Acknowledging what he termed “incremental increases” in test performance, School Board Chair Stacy Kirvin calculated that if 17 third-graders had a total 340 absences during the school year, that would average to 20 absences within a 180-day school year.

“We have got to get those kids in class by whatever means necessary. We need the ones who are missing four and five days a semester,” Kirvin said.

“We’re doing what we can do,” said Moses, whose administration has toughened up on addressing truancy and unexcused absenteeism through a strategy that ranges from home safety and wellness checks to court action against parents.

“We need them at school every single day,” she said.

Kirvin has been a proponent for offering summer remediation to third grade level 2s, as well as to those in the fifth and eighth grades who show signs they are well-behind in the subject matter as they prepare to advance to middle or high school.

He has consistently asked at monthly board meetings that these additional students be invited to and accommodated at the summer school.

In her report to the school board on the various summer offerings, which include June programs for ESE students, Kindergartners, and Credit Recovery, and a 10-day Algebra boot camp in July, Human Resource Director Karen Peddie indicated there were not sufficient teachers to address the 12 third grade Level 2 students.

“We’re talking about it but we’re not doing it,” said Kirvin. “I didn’t realize this was a problem.

“If my kid was a level 2 and they didn’t get remediation, I’d be very disappointed,” he said.

“You can’t make them come,” replied Moses.

“We can’t hold a camp if we don’t have the teachers,” said Peddie. “These were the only teachers that were interested.”

Kirvin suggested the district reach out to retired teachers, who would be paid an hourly rate at Step 10 on the salary schedule “There’s a whole bunch of retired teachers on St. George Island,” he said. “They want to help our school.
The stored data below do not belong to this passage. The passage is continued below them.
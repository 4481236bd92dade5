-- ===== src/Transport/Guards.antt =====
-- src/transport/p2pDataMessages.ts, `isP2PDataMessage`: what a peer accepts as a message. JSON values
-- stand for what `JSON.parse` gives.
pub mod Acceptance
pub mod Signaling
use nettprogg_vsc.Common.{
  ℕ, String, List, [], ◌∷◌, Bool, true, false, not, ◌&&◌, ◌||◌, if◌then◌else◌, str_eq, ◌==◌,
}
use nettprogg_vsc.Common.Json.{
  Json, integer, get, is_object, is_string, is_text, is_integer, is_truthy,
}
use nettprogg_vsc.Common.Int.{ℤ, pos, ltb_ℤ, leb_ℤ}

-- `Number(a) >= 0`, `Number(b) > 0` and `Number(a) < Number(b)`, of which the source has made sure
-- that they are integers
abbrev pub is_within : Json → Json → Bool
is_within (integer a) (integer b) = leb_ℤ (pos 0) a && (ltb_ℤ (pos 0) b && ltb_ℤ a b)
is_within _ _ = false

-- The test of a `snapshot-chunk`
pub is_chunk : Json → Bool
is_chunk m =
    is_string (get "clientId" m)
    && (is_string (get "snapshotId" m)
        && (is_integer (get "index" m)
            && (is_integer (get "total" m)
                && (is_within (get "index" m) (get "total" m) && is_string (get "chunk" m)))))

-- `isP2PDataMessage`
pub is_p2p_data_message : Json → Bool
unfolding is_chunk
is_p2p_data_message m =
    if not (is_object m)
    then false
    else if is_text "hello" (get "type" m) || is_text "snapshot-request" (get "type" m)
    then is_string (get "clientId" m)
    else if is_text "operation" (get "type" m)
    then is_string (get "clientId" m) && is_truthy (get "op" m)
    else if is_text "snapshot" (get "type" m)
    then is_string (get "clientId" m) && is_truthy (get "snapshot" m)
    else if is_text "snapshot-chunk" (get "type" m)
    then is_chunk m
    else false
We need one or two people to come in and teach for 16 days.”

The district proposed to look for additional help, but it was unclear whether level 2s could be accommodated this summer.
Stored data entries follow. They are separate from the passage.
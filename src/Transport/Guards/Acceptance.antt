-- ===== src/Transport/Guards/Acceptance.antt =====
-- src/transport/p2pDataMessages.ts: the objects that are sent, and the test of the receiver.
use nettprogg_vsc.Common.{
  ℕ, zero, suc, ◌+◌, ◌<◌, String, Text, true, ◌≡◌, refl, All, arith, ◌↔◌, map, ◌≤◌,
}
use nettprogg_vsc.Common.Int.{pos}
use nettprogg_vsc.Transport.Chunks.{chunk_message, chunk_messages, chunk_count}
use nettprogg_vsc.Transport.DataMessages.{
  P2PDataMessage, hello, operation, snapshot_request, snapshot, snapshot_chunk,
}
use nettprogg_vsc.Crdt.{CrdtOperation, TextCrdtSnapshot}
use nettprogg_vsc.Common.Json.{Json, integer, text, object, Fields, no_field, field}
use nettprogg_vsc.Transport.Guards.{is_chunk, is_p2p_data_message}

-- The objects that the transport sends. The texts of chunks, and the objects of operations and
-- snapshots, are what the arguments make of them.
module _ (shown : Text → String) (of_operation : CrdtOperation → Fields)
    (of_snapshot : TextCrdtSnapshot → Fields) where
  pub to_json : P2PDataMessage → Json
  to_json (hello id) = object (field "type" (text "hello") (field "clientId" (text id) no_field))
  to_json (operation id op) = object (
      field "type" (text "operation")
        (field "clientId" (text id) (field "op" (object (of_operation op)) no_field)))
  to_json (snapshot_request id) =
      object (field "type" (text "snapshot-request") (field "clientId" (text id) no_field))
  to_json (snapshot id state) = object (
      field "type" (text "snapshot")
        (field "clientId" (text id) (field "snapshot" (object (of_snapshot state)) no_field)))
  to_json (snapshot_chunk id c) = object (
      field "type" (text "snapshot-chunk") (
        field "clientId" (text id) (
          field "snapshotId" (text c.snapshot_id) (
            field "index" (integer (pos c.index)) (
              field "total" (integer (pos c.total))
                (field "chunk" (text (shown c.chunk)) no_field))))))

  abbrev pub HasIndex : P2PDataMessage → Type 0
  HasIndex (snapshot_chunk id c) = c.index < c.total
  HasIndex _ = Unit

  -- A message that a peer sends passes the test of the peer that gets it exactly if it is no chunk,
  -- or a chunk whose index is below its total.
  pub is_p2p_data_message_iff :
      (m : P2PDataMessage) → (is_p2p_data_message (to_json m) ≡ true) ↔ HasIndex m
  unfolding is_p2p_data_message to_json is_chunk
  is_p2p_data_message_iff (hello id) = (λ h. tt, λ h. refl)
  is_p2p_data_message_iff (operation id op) = (λ h. tt, λ h. refl)
  is_p2p_data_message_iff (snapshot_request id) = (λ h. tt, λ h. refl)
  is_p2p_data_message_iff (snapshot id state) = (λ h. tt, λ h. refl)
  is_p2p_data_message_iff (snapshot_chunk id c) = (λ h. ground arith, λ h. ground arith)

  module _ (size : ℕ) (encoded : Text) (client_id snapshot_id : String) where
    abbrev IsAccepted : P2PDataMessage → Type 0
    IsAccepted m = is_p2p_data_message (to_json m) ≡ true

    chunk_messages_from :
        (index left : ℕ)
        → index + left ≤ chunk_count size encoded
        → All IsAccepted
            (map (snapshot_chunk client_id) (chunk_messages size encoded snapshot_id index left))
    unfolding chunk_messages
    chunk_messages_from index zero h = tt
    chunk_messages_from index (suc left) h = (
      (is_p2p_data_message_iff
            (snapshot_chunk client_id (chunk_message size encoded snapshot_id index))).1
          (omega (arith, h)),
      chunk_messages_from (suc index) left (omega (arith, h)),
    )

    -- Every chunk that a snapshot is cut into passes the test of the peer that gets it.
    pub chunk_messages-IsAccepted :
        All
          (λ m. is_p2p_data_message (to_json m) ≡ true)
          (map
            (snapshot_chunk client_id)
            (chunk_messages size encoded snapshot_id 0 (chunk_count size encoded)))
    chunk_messages-IsAccepted = chunk_messages_from 0 (chunk_count size encoded) (omega arith)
“We can’t force Level 2s to come,” said Peddie, noting that both food and transportation are provided, although not from door to door.
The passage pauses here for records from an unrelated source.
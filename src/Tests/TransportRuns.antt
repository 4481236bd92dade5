-- ===== src/Tests/TransportRuns.antt =====
-- Runs of the chunks and of a peer's queue.
use nettprogg_vsc.Common.{
  cond, ◌++◌, Text, List, [], ◌∷◌, true, false, some, none, ◌≡◌, refl, arith, ◌<◌,
}
use nettprogg_vsc.Common.Dict.{lookup}
use nettprogg_vsc.Transport.Chunks.{chunk_key, chunk_count}
use nettprogg_vsc.Transport.Chunks.Delivery.{receive_all, receive_all_lem}
use nettprogg_vsc.Transport.DataMessages.{P2PDataMessage}
use nettprogg_vsc.Transport.Peer.{
  MeshPeer, exceeds, try_on, try_found, try_send_data_message, settle_send, send_open, send_to_peer,
}
use nettprogg_vsc.Transport.Peer.Queue.{stream}
use nettprogg_vsc.Transport.Peer.Buffering.{send_to_peer_buffered}
use nettprogg_vsc.Transport.Peer.Progress.{
  Progresses, send_to_peer-Progresses, IsRefused, send_to_peer_refusal,
}
use nettprogg_vsc.Crdt.{CrdtOperation}
use nettprogg_vsc.Transport.Relay.{RelayTransport, create, connect, send_operation}
use nettprogg_vsc.Transport.Relay.Delivery.{accepted_on, send_operation-accepted}
use nettprogg_vsc.Transport.Peer.{RemoteCandidate}
use nettprogg_vsc.Transport.Signals.{
  description, candidate, add_all, flush_remote_candidates, apply_signal, apply_signals,
}
use nettprogg_vsc.Transport.Signals.Ordering.{
  succeeds, candidates_of, IsFlushed, known, apply_signals-known,
}
use nettprogg_vsc.Transport.Mesh.{Peers, broadcast_data_message}
use nettprogg_vsc.Transport.Mesh.Broadcast.{broadcast_data_message_lem}
use nettprogg_vsc.Crdt.{TextCrdtSnapshot}
use nettprogg_vsc.Common.{◌↔◌}
use nettprogg_vsc.Common.Json.{no_field}
use nettprogg_vsc.Transport.Guards.{is_p2p_data_message}
use nettprogg_vsc.Transport.Guards.Acceptance.{to_json, HasIndex, is_p2p_data_message_iff}
use nettprogg_vsc.Common.Repeats.{Repeats}
use nettprogg_vsc.Tests.Doubles.{
  buffering_rtc, buffering_rtc-TakesMessages, list_rtc-TakesSignals, list_rtc, list_socket,
  list_socket-IsOrdered, deletion,
}

abbrev encoded : Text
encoded = 7 ∷ 8 ∷ 9 ∷ []

positive : 0 < 2
positive = omega arith

-- Three code units in chunks of two: the second chunk comes first.
receive_all_lem_example :
    ((receive_all 2 encoded positive "b" "s" ((5, 1) ∷ (6, 0) ∷ []) []).1 ≡ encoded ∷ [])
    × (lookup
          (chunk_key "b" "s")
          (receive_all 2 encoded positive "b" "s" ((5, 1) ∷ (6, 0) ∷ []) []).0
        ≡ none)
unfolding chunk_count
receive_all_lem_example =
    receive_all_lem 2 encoded positive "b" "s" (5, 1) ((6, 0) ∷ []) [] refl
      (omega arith, (omega arith, tt)) ((λ e. omega (arith, e), tt), (tt, tt)) (omega arith, tt)
      refl

abbrev greeting : P2PDataMessage
greeting = P2PDataMessage.hello "a"

abbrev request : P2PDataMessage
request = P2PDataMessage.snapshot_request "a"

-- A peer on an open channel, with messages that wait
abbrev peer : List P2PDataMessage → MeshPeer list_rtc
peer queued = record {
  client_id = "b";
  connected_at = 0;
  peer_connection = ([], false);
  data_channel = some [];
  channel_open = true;
  flush_timer = false;
  queued_messages = queued;
  pending_candidates = [];
  too_large = 0;
}

-- A peer on an open channel that buffers what it takes, with a message that waits
abbrev buffering_peer : MeshPeer buffering_rtc
buffering_peer = record {
  client_id = "b";
  connected_at = 0;
  peer_connection = ([], false);
  data_channel = some [];
  channel_open = true;
  flush_timer = false;
  queued_messages = request ∷ [];
  pending_candidates = [];
  too_large = 0;
}

abbrev idle_peer : MeshPeer buffering_rtc
idle_peer = record buffering_peer { queued_messages = [] }

send_to_peer_buffered_example :
    let r = send_to_peer buffering_rtc idle_peer greeting in
    (r.0 ≡ true)
    × (stream buffering_rtc buffering_rtc-TakesMessages r.1.data_channel r.1.queued_messages
        ≡ (1 ∷ []) ∷ (1 ∷ []) ∷ [])
unfolding exceeds
send_to_peer_buffered_example =
    send_to_peer_buffered buffering_rtc buffering_rtc-TakesMessages idle_peer [] greeting refl refl
      refl refl refl refl

send_to_peer-Progresses_example :
    Progresses list_rtc (send_to_peer list_rtc (peer (request ∷ [])) greeting).1
send_to_peer-Progresses_example =
    send_to_peer-Progresses list_rtc (peer (request ∷ [])) greeting refl

send_to_peer_refusal_example :
    IsRefused list_rtc (peer []) request (send_to_peer list_rtc (peer []) request)
unfolding send_to_peer send_open settle_send try_send_data_message try_found try_on exceeds
send_to_peer_refusal_example = send_to_peer_refusal list_rtc (peer []) request refl

-- A relay transport whose socket is open
abbrev relay : RelayTransport list_socket
relay = connect list_socket (create list_socket "ws://localhost" "r" "a")

abbrev removal : CrdtOperation
removal = CrdtOperation.delete deletion

send_operation-accepted_example :
    let r = send_operation list_socket removal relay in
    accepted_on list_socket list_socket-IsOrdered r.1.socket
    ≡ cond r.0
        (accepted_on list_socket list_socket-IsOrdered relay.socket ++ removal ∷ [])
        (accepted_on list_socket list_socket-IsOrdered relay.socket)
send_operation-accepted_example =
    send_operation-accepted list_socket list_socket-IsOrdered relay removal

-- The description comes between two candidates.
abbrev early : RemoteCandidate
early = record { candidate = 1 ∷ []; mid = "0" }

abbrev late : RemoteCandidate
late = record { candidate = 2 ∷ []; mid = "0" }

apply_signals-known_example :
    let peer' =
      apply_signals list_rtc
        (candidate early ∷ description [] "offer" ∷ candidate late ∷ [])
        (peer []) in
    (known list_rtc list_rtc-TakesSignals peer' ≡ early ∷ late ∷ [])
    × IsFlushed list_rtc list_rtc-TakesSignals peer'
unfolding candidates_of succeeds apply_signal flush_remote_candidates add_all
apply_signals-known_example =
    apply_signals-known list_rtc list_rtc-TakesSignals
      (candidate early ∷ description [] "offer" ∷ candidate late ∷ []) (peer []) (λ h. refl) refl

-- Two peers; the message came from the second.
abbrev mesh : Peers list_rtc
mesh = ("b", peer []) ∷ ("c", peer []) ∷ []

broadcast_data_message_lem_example :
    lookup "b" (broadcast_data_message list_rtc (λ a b. false) greeting (some "c") mesh).1
    ≡ some (send_to_peer list_rtc (peer []) greeting).1
broadcast_data_message_lem_example =
    broadcast_data_message_lem list_rtc greeting (λ a b. false) (some "c") mesh "b"
      (refl, (refl, tt))

-- A snapshot whose JSON text is short
abbrev state : TextCrdtSnapshot
state = record {
  replica_id = "a";
  counter = 0;
  elements = [];
  seen_op_ids = [];
  pending_inserts = [];
  pending_deletes = [];
}

is_p2p_data_message_iff_example :
    (is_p2p_data_message (to_json (λ t. "x") (λ o. no_field) (λ s. no_field) greeting) ≡ true)
    ↔ HasIndex (λ t. "x") (λ o. no_field) (λ s. no_field) greeting
is_p2p_data_message_iff_example =
    is_p2p_data_message_iff (λ t. "x") (λ o. no_field) (λ s. no_field) greeting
Following Sneed’s assessment, Moses stressed teamwork and accountability in her remarks, as well as the need for parents to get more fully involved in their child’s education.

“You have a team behind you,” she addressed to Sneed, as well as the several faculty members in the audience. “We’re all going to roll up our schools. We need parents and students to show accountability as well.

“We can’t do it by ourselves,” Moses said. “You have an administration that has a team mentality, we’re going to own this together. Nobody needs to point fingers at anybody.

“You have a team that’s going to support you and stand behind you,” Moses said. “Thank you all for your hard work; we have your back.

“We’re going to make Franklin County into one of the best school districts in Florida,” she said. “We have the talent in our students, we need the support. It’s not just a school issue, it’s a community issue.

“These students are our future leaders,” Moses said, citing the need for churches, civic organizations and individuals to all help.

“We have to figure out how to build that bridge to parents,” said Sneed. “We’re not doing enough.”